Task input:
--------------------------------
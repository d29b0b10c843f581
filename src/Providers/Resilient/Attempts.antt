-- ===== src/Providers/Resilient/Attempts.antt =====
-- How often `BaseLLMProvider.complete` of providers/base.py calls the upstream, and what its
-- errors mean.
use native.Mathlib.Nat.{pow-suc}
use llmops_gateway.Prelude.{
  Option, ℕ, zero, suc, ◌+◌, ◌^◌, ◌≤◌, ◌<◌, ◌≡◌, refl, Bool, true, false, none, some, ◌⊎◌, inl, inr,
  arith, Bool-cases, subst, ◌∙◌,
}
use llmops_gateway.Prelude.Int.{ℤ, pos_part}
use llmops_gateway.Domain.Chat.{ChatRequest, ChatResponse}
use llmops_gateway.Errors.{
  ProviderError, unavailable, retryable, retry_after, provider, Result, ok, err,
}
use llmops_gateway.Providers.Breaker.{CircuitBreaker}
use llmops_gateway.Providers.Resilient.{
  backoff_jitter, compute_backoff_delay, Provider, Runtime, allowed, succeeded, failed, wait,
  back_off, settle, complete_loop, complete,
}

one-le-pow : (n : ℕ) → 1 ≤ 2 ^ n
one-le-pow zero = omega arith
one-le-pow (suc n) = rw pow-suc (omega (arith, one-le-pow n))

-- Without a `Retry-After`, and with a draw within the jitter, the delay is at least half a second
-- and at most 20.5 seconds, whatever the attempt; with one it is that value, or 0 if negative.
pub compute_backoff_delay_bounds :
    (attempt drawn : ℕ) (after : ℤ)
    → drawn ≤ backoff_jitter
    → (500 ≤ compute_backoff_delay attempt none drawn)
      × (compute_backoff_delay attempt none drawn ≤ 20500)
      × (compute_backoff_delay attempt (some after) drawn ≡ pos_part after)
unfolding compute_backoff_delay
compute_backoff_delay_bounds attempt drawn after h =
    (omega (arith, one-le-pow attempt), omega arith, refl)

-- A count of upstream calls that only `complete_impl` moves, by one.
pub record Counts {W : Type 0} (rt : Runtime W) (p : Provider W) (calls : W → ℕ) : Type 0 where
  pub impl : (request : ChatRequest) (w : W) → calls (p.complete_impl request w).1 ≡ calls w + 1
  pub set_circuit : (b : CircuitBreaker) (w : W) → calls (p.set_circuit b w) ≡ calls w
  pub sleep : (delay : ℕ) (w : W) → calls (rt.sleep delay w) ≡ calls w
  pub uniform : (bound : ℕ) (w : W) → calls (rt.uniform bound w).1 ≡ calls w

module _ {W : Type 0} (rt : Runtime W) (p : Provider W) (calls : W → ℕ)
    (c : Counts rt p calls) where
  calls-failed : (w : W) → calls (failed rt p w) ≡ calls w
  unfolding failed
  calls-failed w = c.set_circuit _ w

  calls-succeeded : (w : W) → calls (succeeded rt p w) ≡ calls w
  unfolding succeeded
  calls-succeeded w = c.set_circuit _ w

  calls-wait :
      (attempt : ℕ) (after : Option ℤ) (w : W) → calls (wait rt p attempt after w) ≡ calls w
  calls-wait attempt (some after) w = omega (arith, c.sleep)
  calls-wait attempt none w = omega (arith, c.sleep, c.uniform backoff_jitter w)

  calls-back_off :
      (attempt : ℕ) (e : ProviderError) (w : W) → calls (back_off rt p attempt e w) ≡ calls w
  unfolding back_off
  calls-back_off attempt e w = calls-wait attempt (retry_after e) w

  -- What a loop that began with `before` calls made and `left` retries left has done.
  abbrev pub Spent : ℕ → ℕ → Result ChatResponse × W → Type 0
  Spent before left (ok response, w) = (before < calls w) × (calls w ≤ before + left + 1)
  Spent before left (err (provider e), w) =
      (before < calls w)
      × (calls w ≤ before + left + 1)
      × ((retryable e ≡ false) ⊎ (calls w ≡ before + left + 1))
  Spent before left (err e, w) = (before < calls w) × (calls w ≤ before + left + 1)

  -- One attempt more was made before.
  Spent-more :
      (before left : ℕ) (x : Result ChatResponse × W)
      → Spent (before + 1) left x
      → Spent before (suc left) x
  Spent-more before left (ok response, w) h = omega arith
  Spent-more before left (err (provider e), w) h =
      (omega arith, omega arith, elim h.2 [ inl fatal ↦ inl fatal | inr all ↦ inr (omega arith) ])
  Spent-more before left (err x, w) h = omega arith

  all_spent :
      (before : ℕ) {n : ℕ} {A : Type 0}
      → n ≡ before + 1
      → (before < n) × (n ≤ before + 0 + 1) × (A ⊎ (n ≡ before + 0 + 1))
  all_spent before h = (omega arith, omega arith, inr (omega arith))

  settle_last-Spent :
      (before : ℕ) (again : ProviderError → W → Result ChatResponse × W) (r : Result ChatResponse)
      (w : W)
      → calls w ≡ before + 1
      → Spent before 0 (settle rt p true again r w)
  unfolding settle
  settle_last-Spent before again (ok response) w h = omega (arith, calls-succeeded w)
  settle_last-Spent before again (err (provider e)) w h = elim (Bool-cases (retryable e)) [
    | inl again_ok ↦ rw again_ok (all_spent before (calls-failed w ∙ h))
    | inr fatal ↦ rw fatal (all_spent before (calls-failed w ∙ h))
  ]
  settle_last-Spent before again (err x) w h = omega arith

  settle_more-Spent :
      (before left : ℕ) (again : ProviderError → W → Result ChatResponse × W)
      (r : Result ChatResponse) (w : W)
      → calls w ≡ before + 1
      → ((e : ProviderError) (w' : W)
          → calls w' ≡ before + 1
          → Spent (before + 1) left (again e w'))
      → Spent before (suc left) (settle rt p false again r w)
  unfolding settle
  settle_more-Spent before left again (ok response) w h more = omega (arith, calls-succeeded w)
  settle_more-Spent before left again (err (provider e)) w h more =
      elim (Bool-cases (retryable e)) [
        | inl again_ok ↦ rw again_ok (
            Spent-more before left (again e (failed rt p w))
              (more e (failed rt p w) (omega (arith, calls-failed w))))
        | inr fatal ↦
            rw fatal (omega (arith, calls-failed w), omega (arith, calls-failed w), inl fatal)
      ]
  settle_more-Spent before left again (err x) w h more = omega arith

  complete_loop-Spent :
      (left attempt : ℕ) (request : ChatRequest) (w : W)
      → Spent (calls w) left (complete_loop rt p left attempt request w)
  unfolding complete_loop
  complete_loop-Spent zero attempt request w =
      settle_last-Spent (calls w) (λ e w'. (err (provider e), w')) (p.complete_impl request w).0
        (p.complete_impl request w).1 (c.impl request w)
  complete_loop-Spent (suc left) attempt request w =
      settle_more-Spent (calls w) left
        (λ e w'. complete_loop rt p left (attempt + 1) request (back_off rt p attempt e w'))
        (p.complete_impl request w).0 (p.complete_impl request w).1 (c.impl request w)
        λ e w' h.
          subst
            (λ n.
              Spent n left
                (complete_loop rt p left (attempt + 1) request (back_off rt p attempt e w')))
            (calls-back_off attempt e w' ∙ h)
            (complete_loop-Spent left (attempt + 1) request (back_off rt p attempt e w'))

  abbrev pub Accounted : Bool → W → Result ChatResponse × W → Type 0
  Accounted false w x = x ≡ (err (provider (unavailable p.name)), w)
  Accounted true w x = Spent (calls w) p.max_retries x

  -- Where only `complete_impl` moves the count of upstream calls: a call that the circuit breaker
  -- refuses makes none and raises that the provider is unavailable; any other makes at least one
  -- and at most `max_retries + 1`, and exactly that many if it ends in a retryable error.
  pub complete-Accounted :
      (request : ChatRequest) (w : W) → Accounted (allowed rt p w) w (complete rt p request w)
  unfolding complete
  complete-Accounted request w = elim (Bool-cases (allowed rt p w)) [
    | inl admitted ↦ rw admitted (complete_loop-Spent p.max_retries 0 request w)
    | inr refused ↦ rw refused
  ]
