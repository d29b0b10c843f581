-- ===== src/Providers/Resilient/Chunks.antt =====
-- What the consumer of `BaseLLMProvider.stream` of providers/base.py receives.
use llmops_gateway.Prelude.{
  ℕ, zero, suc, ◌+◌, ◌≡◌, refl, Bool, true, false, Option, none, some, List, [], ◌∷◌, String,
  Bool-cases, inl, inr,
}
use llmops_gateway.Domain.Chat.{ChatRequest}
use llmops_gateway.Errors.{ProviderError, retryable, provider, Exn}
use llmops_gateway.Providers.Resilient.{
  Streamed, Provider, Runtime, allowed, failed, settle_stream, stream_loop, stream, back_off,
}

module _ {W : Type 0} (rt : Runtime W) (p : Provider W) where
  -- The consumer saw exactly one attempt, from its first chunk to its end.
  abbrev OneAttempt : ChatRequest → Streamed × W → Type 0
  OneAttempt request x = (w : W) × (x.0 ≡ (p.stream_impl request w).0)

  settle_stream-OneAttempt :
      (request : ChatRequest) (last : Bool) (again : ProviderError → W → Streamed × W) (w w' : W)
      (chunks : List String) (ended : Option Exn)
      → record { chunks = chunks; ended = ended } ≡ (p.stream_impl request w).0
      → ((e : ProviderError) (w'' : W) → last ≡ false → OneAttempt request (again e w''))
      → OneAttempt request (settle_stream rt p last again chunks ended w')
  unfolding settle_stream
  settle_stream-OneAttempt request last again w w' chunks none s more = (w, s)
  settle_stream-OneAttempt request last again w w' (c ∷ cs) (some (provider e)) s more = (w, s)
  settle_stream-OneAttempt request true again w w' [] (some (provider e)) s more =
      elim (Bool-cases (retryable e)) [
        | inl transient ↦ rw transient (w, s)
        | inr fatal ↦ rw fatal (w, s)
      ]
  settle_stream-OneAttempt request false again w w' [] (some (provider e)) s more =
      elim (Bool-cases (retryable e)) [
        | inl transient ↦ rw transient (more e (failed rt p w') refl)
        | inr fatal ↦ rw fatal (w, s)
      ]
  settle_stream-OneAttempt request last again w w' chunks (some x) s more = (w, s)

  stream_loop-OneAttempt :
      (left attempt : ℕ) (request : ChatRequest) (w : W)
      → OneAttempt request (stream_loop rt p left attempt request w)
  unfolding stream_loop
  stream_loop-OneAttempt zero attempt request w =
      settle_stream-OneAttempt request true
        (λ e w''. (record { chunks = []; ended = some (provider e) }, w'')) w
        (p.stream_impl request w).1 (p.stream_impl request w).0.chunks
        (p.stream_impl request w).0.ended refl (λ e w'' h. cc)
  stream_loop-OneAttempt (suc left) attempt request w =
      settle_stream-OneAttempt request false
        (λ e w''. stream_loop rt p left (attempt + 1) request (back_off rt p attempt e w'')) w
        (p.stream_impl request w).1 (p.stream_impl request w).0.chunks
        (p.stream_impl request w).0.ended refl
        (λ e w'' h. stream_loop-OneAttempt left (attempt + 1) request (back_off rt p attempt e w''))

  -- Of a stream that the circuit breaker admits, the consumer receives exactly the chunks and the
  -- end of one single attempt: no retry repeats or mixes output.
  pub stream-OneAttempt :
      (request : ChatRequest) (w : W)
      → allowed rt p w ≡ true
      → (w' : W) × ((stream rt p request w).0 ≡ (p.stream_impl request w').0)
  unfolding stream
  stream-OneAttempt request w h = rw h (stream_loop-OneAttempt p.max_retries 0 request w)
--------------------------------
Your instructions:
Search the data above for the word "drawn" and count the lines where it appears. Only the number should be given.

Written response:
6